> WHAT NEEDS TO BE DONE: Below are records; copy every line in them that holds the word "zero".

[[ DATA EXTRACTS, beginning ]]

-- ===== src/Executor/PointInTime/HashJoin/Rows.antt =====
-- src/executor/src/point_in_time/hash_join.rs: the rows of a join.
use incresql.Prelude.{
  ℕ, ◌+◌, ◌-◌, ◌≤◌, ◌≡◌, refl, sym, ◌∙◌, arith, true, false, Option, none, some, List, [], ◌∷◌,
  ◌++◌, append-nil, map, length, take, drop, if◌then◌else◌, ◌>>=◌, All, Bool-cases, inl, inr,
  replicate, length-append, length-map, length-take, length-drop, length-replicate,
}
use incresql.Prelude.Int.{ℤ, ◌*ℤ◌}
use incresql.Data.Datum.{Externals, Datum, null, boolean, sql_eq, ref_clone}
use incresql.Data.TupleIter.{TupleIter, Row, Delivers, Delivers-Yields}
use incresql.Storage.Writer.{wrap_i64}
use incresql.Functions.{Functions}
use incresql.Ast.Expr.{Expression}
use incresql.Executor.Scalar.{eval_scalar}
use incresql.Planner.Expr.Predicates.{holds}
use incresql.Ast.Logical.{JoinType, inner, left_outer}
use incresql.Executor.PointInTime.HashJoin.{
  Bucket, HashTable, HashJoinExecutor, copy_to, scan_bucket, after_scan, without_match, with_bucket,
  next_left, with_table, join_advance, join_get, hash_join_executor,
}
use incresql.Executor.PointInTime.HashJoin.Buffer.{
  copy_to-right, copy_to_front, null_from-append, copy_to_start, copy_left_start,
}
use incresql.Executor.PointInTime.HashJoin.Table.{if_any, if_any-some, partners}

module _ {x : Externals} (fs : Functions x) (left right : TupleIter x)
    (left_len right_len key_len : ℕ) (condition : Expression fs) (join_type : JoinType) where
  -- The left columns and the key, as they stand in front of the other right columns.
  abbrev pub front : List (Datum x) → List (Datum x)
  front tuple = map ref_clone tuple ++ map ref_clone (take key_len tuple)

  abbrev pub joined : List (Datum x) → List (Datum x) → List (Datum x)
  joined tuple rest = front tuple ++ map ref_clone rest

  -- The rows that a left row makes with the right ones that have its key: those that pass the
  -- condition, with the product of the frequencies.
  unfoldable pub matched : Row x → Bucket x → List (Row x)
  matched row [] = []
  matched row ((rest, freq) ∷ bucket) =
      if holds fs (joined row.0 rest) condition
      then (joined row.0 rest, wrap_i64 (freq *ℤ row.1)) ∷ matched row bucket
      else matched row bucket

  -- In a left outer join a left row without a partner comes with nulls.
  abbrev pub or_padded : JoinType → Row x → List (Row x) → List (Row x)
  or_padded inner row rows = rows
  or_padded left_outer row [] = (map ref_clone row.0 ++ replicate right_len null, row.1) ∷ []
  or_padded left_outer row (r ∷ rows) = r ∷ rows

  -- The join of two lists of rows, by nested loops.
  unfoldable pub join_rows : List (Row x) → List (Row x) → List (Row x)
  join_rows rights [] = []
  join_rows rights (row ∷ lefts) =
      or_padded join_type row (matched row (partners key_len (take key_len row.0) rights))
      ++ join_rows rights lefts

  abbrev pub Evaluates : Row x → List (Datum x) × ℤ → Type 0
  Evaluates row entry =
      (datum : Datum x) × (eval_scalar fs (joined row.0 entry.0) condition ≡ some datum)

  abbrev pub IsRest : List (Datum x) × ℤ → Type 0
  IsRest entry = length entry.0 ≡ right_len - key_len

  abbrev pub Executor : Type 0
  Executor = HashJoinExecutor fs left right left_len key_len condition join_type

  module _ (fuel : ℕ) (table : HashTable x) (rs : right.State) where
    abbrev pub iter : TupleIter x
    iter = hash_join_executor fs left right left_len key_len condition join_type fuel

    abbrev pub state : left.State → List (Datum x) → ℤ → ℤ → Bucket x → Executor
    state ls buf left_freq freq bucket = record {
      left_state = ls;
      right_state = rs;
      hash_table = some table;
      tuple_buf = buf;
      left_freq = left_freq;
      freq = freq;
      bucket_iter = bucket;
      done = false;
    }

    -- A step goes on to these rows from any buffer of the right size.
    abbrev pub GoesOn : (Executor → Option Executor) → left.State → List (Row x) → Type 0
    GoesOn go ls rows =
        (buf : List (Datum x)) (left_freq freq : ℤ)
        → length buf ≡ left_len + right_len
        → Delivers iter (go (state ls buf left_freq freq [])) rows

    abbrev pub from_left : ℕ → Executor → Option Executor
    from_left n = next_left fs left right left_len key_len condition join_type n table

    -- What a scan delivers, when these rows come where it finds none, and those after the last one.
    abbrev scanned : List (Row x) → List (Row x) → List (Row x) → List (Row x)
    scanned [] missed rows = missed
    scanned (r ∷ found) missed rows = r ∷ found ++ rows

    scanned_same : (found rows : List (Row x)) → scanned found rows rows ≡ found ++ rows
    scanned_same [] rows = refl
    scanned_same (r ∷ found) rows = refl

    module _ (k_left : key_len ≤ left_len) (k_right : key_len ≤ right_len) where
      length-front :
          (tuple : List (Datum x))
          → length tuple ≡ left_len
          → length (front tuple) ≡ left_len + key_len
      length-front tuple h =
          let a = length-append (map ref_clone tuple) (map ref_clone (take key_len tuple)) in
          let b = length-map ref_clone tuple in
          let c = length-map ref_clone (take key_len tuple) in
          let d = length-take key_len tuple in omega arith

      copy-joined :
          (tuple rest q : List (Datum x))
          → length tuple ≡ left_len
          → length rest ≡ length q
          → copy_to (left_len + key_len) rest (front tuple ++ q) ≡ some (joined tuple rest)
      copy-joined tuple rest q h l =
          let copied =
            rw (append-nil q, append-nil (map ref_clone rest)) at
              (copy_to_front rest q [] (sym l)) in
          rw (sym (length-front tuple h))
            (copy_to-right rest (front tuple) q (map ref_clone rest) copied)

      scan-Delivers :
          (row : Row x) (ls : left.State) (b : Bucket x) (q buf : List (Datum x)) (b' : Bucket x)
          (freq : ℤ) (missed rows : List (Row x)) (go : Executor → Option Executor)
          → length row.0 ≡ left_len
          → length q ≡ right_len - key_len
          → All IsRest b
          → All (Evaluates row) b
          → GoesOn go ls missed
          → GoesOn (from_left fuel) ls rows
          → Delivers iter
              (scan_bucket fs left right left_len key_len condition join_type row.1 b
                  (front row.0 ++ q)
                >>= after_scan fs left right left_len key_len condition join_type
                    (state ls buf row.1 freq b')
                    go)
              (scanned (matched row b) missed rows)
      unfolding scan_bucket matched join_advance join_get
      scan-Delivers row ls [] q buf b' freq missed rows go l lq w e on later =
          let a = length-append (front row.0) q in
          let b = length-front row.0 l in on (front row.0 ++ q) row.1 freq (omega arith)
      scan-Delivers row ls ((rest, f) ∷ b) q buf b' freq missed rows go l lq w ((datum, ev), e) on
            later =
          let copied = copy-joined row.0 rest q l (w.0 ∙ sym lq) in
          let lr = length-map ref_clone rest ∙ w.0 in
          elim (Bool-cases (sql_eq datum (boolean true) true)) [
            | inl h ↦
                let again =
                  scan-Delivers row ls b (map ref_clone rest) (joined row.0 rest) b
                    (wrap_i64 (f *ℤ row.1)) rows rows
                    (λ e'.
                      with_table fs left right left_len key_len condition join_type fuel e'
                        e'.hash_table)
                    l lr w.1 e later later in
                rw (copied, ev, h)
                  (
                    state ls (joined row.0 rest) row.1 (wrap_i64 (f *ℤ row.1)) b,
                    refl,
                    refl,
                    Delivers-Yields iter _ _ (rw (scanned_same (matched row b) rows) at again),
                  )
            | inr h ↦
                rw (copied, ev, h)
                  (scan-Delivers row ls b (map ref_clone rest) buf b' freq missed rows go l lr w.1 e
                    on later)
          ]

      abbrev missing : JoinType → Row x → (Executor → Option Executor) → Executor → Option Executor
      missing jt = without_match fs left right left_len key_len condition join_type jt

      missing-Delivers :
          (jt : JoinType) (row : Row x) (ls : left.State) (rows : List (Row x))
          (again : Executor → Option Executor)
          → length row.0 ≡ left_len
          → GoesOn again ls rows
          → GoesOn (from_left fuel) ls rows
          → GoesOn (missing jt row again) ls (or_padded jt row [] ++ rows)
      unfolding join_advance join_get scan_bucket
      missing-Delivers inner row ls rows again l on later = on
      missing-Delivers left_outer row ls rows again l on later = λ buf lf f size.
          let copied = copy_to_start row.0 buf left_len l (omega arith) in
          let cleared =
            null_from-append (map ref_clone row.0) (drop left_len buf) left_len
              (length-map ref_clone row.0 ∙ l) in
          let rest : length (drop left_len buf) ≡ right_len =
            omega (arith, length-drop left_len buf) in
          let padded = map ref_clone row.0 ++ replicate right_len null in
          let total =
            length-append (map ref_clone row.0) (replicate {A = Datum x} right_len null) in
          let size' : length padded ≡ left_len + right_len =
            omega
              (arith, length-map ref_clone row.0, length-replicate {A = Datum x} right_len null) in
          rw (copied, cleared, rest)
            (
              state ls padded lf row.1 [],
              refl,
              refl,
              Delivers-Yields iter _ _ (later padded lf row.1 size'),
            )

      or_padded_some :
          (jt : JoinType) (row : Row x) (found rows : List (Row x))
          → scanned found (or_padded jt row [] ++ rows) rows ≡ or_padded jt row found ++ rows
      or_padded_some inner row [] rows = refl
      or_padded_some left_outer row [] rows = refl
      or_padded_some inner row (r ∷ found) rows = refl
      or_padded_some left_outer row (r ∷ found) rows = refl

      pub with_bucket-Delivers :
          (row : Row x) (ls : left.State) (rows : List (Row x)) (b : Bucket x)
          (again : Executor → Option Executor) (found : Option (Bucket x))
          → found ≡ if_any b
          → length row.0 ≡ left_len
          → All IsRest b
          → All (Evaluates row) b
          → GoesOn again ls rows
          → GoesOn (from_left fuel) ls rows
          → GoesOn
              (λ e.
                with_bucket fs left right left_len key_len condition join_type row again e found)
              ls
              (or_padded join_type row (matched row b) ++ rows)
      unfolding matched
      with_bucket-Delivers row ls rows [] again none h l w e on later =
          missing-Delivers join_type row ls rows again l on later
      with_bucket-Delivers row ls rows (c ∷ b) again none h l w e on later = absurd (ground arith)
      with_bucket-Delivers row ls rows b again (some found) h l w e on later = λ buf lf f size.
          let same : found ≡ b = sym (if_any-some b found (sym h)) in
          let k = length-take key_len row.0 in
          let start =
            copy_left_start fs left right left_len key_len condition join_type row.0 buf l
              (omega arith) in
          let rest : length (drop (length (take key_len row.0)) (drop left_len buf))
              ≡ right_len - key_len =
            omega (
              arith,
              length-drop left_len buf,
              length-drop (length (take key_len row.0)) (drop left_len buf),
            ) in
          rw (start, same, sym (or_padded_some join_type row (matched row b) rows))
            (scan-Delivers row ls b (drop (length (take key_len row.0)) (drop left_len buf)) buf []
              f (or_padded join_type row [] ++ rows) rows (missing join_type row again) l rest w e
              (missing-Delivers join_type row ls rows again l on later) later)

[[ DATA EXTRACTS, end ]]
[[ DATA EXTRACTS, beginning ]]

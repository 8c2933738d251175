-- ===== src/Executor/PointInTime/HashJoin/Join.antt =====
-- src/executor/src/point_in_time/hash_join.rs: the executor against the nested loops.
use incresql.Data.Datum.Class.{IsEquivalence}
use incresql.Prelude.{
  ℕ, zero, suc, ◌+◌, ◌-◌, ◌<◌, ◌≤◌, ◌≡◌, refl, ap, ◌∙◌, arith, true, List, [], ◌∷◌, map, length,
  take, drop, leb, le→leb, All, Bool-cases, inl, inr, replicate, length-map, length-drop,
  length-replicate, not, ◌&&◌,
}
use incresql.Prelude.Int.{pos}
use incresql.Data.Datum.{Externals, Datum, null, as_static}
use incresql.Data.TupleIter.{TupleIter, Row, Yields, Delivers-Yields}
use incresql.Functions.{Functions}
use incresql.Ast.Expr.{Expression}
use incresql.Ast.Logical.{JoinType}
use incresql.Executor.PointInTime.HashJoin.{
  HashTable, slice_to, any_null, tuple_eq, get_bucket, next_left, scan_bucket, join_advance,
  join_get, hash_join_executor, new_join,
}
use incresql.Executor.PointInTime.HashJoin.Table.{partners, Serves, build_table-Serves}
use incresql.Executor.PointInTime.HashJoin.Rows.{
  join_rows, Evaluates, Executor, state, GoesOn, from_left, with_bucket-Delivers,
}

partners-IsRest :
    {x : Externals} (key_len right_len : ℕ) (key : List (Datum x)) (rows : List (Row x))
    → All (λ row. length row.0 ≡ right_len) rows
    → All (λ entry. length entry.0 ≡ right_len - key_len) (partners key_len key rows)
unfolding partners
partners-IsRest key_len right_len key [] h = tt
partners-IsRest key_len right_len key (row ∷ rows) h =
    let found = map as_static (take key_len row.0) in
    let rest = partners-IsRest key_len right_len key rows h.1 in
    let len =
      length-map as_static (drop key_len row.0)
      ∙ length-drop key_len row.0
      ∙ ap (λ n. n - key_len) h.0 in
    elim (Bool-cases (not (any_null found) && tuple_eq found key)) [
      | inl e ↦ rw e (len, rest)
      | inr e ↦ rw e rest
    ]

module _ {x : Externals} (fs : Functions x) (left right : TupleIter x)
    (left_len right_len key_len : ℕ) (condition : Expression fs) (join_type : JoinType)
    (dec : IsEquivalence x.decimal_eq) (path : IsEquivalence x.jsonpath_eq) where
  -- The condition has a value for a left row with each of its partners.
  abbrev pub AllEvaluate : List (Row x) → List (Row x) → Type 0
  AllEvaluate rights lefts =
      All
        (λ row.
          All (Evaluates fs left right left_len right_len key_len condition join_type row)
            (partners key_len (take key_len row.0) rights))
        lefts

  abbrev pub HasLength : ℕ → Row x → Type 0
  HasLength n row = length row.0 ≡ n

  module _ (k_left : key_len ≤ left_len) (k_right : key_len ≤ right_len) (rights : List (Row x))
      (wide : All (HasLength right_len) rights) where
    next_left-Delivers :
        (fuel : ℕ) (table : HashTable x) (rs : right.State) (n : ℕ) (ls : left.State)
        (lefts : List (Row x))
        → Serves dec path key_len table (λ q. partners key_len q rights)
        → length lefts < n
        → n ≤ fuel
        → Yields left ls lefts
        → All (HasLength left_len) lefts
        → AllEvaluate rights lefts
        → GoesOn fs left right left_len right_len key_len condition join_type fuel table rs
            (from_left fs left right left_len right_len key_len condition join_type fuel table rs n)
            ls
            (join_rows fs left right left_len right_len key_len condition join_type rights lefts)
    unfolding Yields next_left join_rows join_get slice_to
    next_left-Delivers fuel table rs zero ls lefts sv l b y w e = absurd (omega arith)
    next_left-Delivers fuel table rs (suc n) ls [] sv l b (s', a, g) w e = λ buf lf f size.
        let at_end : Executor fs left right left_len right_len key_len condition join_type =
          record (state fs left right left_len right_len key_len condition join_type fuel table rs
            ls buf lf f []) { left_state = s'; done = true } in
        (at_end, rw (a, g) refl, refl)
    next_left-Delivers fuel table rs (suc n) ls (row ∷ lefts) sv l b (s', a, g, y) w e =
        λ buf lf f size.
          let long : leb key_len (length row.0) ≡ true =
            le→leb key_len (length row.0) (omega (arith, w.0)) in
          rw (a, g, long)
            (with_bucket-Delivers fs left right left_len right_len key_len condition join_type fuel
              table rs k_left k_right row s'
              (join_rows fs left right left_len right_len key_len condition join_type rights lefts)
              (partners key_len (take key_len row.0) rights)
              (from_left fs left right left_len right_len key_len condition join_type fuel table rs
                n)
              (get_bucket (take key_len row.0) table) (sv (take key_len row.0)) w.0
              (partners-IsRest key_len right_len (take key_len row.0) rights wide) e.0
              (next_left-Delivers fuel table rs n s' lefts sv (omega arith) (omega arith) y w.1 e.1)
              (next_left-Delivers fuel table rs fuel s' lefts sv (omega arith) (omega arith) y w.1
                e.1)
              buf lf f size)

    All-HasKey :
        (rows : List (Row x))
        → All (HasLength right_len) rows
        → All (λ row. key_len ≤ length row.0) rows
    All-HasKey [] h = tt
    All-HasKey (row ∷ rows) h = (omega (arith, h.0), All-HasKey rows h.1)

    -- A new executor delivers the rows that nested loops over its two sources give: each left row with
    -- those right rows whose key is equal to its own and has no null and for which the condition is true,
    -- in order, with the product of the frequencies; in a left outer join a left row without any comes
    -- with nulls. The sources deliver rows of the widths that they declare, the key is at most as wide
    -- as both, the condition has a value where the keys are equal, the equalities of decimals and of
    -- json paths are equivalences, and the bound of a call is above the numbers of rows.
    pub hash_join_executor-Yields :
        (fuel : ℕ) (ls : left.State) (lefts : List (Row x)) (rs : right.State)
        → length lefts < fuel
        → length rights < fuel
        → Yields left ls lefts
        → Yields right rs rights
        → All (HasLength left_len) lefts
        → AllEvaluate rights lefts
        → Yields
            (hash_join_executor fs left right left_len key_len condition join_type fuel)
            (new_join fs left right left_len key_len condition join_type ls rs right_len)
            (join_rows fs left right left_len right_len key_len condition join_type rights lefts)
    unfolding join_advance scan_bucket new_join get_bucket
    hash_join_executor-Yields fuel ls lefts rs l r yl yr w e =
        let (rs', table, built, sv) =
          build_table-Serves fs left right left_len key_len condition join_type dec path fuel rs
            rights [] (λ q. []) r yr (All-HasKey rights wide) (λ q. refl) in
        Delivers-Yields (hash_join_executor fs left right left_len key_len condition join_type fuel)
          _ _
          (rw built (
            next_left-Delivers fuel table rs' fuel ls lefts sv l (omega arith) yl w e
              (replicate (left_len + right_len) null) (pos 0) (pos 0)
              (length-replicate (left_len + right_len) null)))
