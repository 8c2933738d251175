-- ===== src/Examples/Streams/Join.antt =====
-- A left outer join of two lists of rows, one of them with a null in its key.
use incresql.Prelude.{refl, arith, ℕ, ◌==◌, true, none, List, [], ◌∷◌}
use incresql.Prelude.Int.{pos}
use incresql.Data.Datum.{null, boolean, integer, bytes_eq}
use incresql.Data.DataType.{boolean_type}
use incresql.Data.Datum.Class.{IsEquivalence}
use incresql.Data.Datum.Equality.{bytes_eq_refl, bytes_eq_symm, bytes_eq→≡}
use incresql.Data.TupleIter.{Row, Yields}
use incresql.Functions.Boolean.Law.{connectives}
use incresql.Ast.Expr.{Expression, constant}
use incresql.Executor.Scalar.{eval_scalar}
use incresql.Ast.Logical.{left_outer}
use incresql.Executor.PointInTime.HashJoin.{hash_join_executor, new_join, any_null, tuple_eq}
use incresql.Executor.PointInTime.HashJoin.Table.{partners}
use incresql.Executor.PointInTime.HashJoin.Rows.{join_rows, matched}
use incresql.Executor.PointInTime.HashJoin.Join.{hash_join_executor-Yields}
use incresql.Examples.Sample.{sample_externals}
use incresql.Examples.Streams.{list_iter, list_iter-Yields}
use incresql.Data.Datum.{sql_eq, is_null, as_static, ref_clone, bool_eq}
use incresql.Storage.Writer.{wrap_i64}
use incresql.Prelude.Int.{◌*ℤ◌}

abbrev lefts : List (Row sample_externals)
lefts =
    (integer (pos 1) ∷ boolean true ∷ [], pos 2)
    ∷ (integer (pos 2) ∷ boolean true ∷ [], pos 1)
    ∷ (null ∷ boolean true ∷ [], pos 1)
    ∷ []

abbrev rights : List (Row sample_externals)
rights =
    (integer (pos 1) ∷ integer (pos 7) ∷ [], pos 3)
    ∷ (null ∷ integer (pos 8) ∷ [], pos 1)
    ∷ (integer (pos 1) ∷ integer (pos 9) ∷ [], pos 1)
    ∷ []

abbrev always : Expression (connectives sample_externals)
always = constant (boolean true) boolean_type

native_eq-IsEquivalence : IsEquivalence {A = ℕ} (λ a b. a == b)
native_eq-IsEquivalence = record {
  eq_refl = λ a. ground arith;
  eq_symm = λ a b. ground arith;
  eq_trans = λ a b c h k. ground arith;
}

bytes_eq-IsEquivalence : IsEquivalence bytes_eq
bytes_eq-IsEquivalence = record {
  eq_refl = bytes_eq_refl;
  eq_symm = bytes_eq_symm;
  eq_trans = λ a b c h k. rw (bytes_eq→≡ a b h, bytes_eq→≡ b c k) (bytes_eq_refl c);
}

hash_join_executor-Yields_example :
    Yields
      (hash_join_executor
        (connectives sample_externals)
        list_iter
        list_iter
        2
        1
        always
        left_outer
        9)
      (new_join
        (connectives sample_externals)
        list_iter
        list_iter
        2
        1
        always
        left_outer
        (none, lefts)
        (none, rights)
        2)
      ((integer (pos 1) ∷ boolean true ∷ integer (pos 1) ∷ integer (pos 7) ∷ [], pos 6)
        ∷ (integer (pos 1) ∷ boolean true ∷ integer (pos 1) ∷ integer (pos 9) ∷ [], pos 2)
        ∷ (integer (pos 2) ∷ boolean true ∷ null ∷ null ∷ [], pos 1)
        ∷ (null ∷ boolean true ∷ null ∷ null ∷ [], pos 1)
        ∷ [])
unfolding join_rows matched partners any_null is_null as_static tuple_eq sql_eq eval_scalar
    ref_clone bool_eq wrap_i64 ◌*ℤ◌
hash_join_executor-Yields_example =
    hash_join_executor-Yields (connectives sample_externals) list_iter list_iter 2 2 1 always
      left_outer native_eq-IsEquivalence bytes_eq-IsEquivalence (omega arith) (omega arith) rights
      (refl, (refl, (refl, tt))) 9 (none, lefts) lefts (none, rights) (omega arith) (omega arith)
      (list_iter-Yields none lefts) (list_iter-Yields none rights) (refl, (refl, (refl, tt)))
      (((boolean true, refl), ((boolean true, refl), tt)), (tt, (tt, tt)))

[[ DATA EXTRACTS, end ]]

> EXERCISE SOLUTION:
  ℕ, zero, suc, ◌+◌, ◌-◌, ◌<◌, ◌≤◌, ◌≡◌, refl, ap, ◌∙◌, arith, true, List, [], ◌∷◌, map, length,
    next_left-Delivers fuel table rs zero ls lefts sv l b y w e = absurd (omega arith)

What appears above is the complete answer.